Europeans begin vote for new Parliament
Britain and the Netherlands begin voting Thursday, in the elections to the European parliament that are expected to see a swing towards populist right-wing parties.
The elections, which began at 0530 GMT in the Netherlands and are spread over four days in the EU’s 28 member states, are expected to see major gains for parties bent on dismantling the European Union from the inside.
“I believe in Europe, but I think there are far too many rules coming from Brussels,” Margreet de Jonge, 63, told AFP as she cast her ballot in The Hague, echoing the view of many that the EU has become a bloated bureaucracy.
When the results are announced from 2100 GMT on Sunday, eurosceptic parties may top the polls in Britain, France, Italy and the Netherlands.
The anti-immigration and anti-EU UK Independence Party (UKIP) of Nigel Farage, and Geert Wilders’ virulently anti-Islam Party of Freedom (PVV), are both forecast to make big gains.
UKIP’s rise has rocked the British political establishment as a party without a single representative in its national parliament heads into the European election slightly ahead of the main opposition Labour Party, according to a poll published by the Times on the morning of the vote.
Farage, a former financial trader who likes to hold court with journalists in the pub, has ruled out joining a far-right bloc of Wilders’ party and France’s National Front, led by Marine Le Pen.

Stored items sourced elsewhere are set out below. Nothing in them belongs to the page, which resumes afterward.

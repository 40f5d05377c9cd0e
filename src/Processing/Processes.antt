-- ===== src/Processing/Processes.antt =====
-- lib/evidence-processing-service.js: what a successful `processEvidence` has done.
use tanden_trust_audit_poc.Base.{
  ℕ, String, Bool, true, false, Option, List, Result, ok, err, Number, ◌≡◌, refl, or_null, arith,
}
use tanden_trust_audit_poc.Json.{Json, Fields, obj}
use tanden_trust_audit_poc.Platform.{Crypto}
use tanden_trust_audit_poc.Ledger.Row.{LedgerError}
use tanden_trust_audit_poc.Ledger.Table.{Table}
use tanden_trust_audit_poc.Ledger.Logger.{EventRow, Pool, append_event}
use tanden_trust_audit_poc.Signing.Provider.{Signed, SigningProvider}
use tanden_trust_audit_poc.Store.Request.{StoreError, assert_valid_version}
use tanden_trust_audit_poc.Store.Table.{VersionTable}
use tanden_trust_audit_poc.Store.Methods.{Stored, append_evidence}
use tanden_trust_audit_poc.Processing.Service.{
  Processed, Validation, Service, Surroundings, store_request, create_ledger_request, processed,
  ledger_written, store_written, evidence_signed, version_checked, schema_checked, process_evidence,
}

module _ (number_text : ℕ → String) (crypto : Crypto) (l : Table) (t : VersionTable)
    (p : SigningProvider) (validate : Json → Validation) where
  -- What a successful `processEvidence` has done.
  pub record Processes (x : Surroundings number_text crypto l t p validate) (evidence : Fields)
      (version : Option Number) (s s' : Service number_text crypto l t p validate)
      (result : Processed) : Type 0 where
    pub signed : Signed
    pub stored : Stored
    pub row : EventRow
    pub stores :
        append_evidence t x.link (store_request evidence version signed) s.store
        ≡ (ok stored, s'.store)
    pub appends :
        append_event crypto l x.faults x.event_id
          (create_ledger_request number_text signed stored)
          s.ledger
        ≡ (ok row, s'.ledger)
    pub answer : result ≡ processed signed stored row

  pub process_evidence-Processes :
      (x : Surroundings number_text crypto l t p validate) (evidence : Fields)
      (version : Option Number) (pem : Option String)
      (s s' : Service number_text crypto l t p validate) (result : Processed)
      → process_evidence number_text crypto l t p validate x evidence version pem s
        ≡ (ok result, s')
      → Processes x evidence version s s' result
  process_evidence-Processes x evidence version pem s s' result h =
      at_schema (validate (obj evidence)).is_valid (validate (obj evidence)).errors
        (unfold process_evidence in h)
    where
      at_ledger :
          (signed : Signed) (stored : Stored) (state : p.State) (store : t.State)
          (r : Result LedgerError EventRow × Pool l.State)
          → append_evidence t x.link (store_request evidence version signed) s.store
            ≡ (ok stored, store)
          → append_event crypto l x.faults x.event_id
              (create_ledger_request number_text signed stored)
              s.ledger
            ≡ r
          → ledger_written number_text crypto l t p validate signed stored state store r
            ≡ (ok result, s')
          → Processes x evidence version s s' result
      at_ledger signed stored state store (err e, ledger) stores eq k =
          absurd (unfold ledger_written in ground arith)
      at_ledger signed stored state store (ok row, ledger) stores eq k = record {
        signed = signed;
        stored = stored;
        row = row;
        stores = unfold ledger_written in ground arith;
        appends = unfold ledger_written in ground arith;
        answer = unfold ledger_written in ground arith;
      }

      at_store :
          (signed : Signed) (state : p.State) (r : Result StoreError Stored × t.State)
          → append_evidence t x.link (store_request evidence version signed) s.store ≡ r
          → store_written number_text crypto l t p validate x signed state s.ledger r
            ≡ (ok result, s')
          → Processes x evidence version s s' result
      at_store signed state (err e, store) eq k = absurd (unfold store_written in ground arith)
      at_store signed state (ok stored, store) eq k =
          at_ledger signed stored state store
            (append_event crypto l x.faults x.event_id
              (create_ledger_request number_text signed stored) s.ledger)
            eq refl (unfold store_written in k)

      at_signing :
          (r : Result p.Error Signed × p.State)
          → evidence_signed number_text crypto l t p validate x evidence version s.store s.ledger r
            ≡ (ok result, s')
          → Processes x evidence version s s' result
      at_signing (err e, state) k = absurd (unfold evidence_signed in ground arith)
      at_signing (ok signed, state) k =
          at_store signed state
            (append_evidence t x.link (store_request evidence version signed) s.store) refl
            (unfold evidence_signed in k)

      at_version :
          (r : Result StoreError ℕ)
          → version_checked number_text crypto l t p validate x evidence version pem s r
            ≡ (ok result, s')
          → Processes x evidence version s s' result
      at_version (err e) k = absurd (unfold version_checked in ground arith)
      at_version (ok n) k =
          at_signing (p.sign_evidence (obj evidence) (or_null pem) s.provider)
            (unfold version_checked in k)

      at_schema :
          (valid : Bool) (errors : List String)
          → schema_checked number_text crypto l t p validate x evidence version pem s valid errors
            ≡ (ok result, s')
          → Processes x evidence version s s' result
      at_schema false errors k = absurd (unfold schema_checked in ground arith)
      at_schema true errors k =
          at_version (assert_valid_version version) (unfold schema_checked in k)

Wilders hopes UKIP will sign up to the grouping, but Farage has refused to do business with an alliance involving the National Front, which he considers anti-Semitic.
– Jobless turn against EU –
With 26 million people out of work across the EU, including more than half of those aged under 25 in countries such as Greece and Spain, eurosceptic and far-right parties have picked up massive support on anti-immigration and anti-EU platforms.
The latest polls show eurosceptics and others have struck a chord with disgruntled voters and could secure almost 100 seats in the new parliament, trebling their number in the 751-seat assembly.
A survey by PollWatch showed conservatives holding a narrow lead over their socialist rivals in the next parliament, with the European People’s Party (EPP) on for 217 seats against 201 for the Socialists and Democrats (S&D).
While that would leave the mainstream groups still the two biggest parties, the EPP would drop from 35.8 percent to just short of 29 percent of the total seats, with the S&D up marginally to 26.8 percent.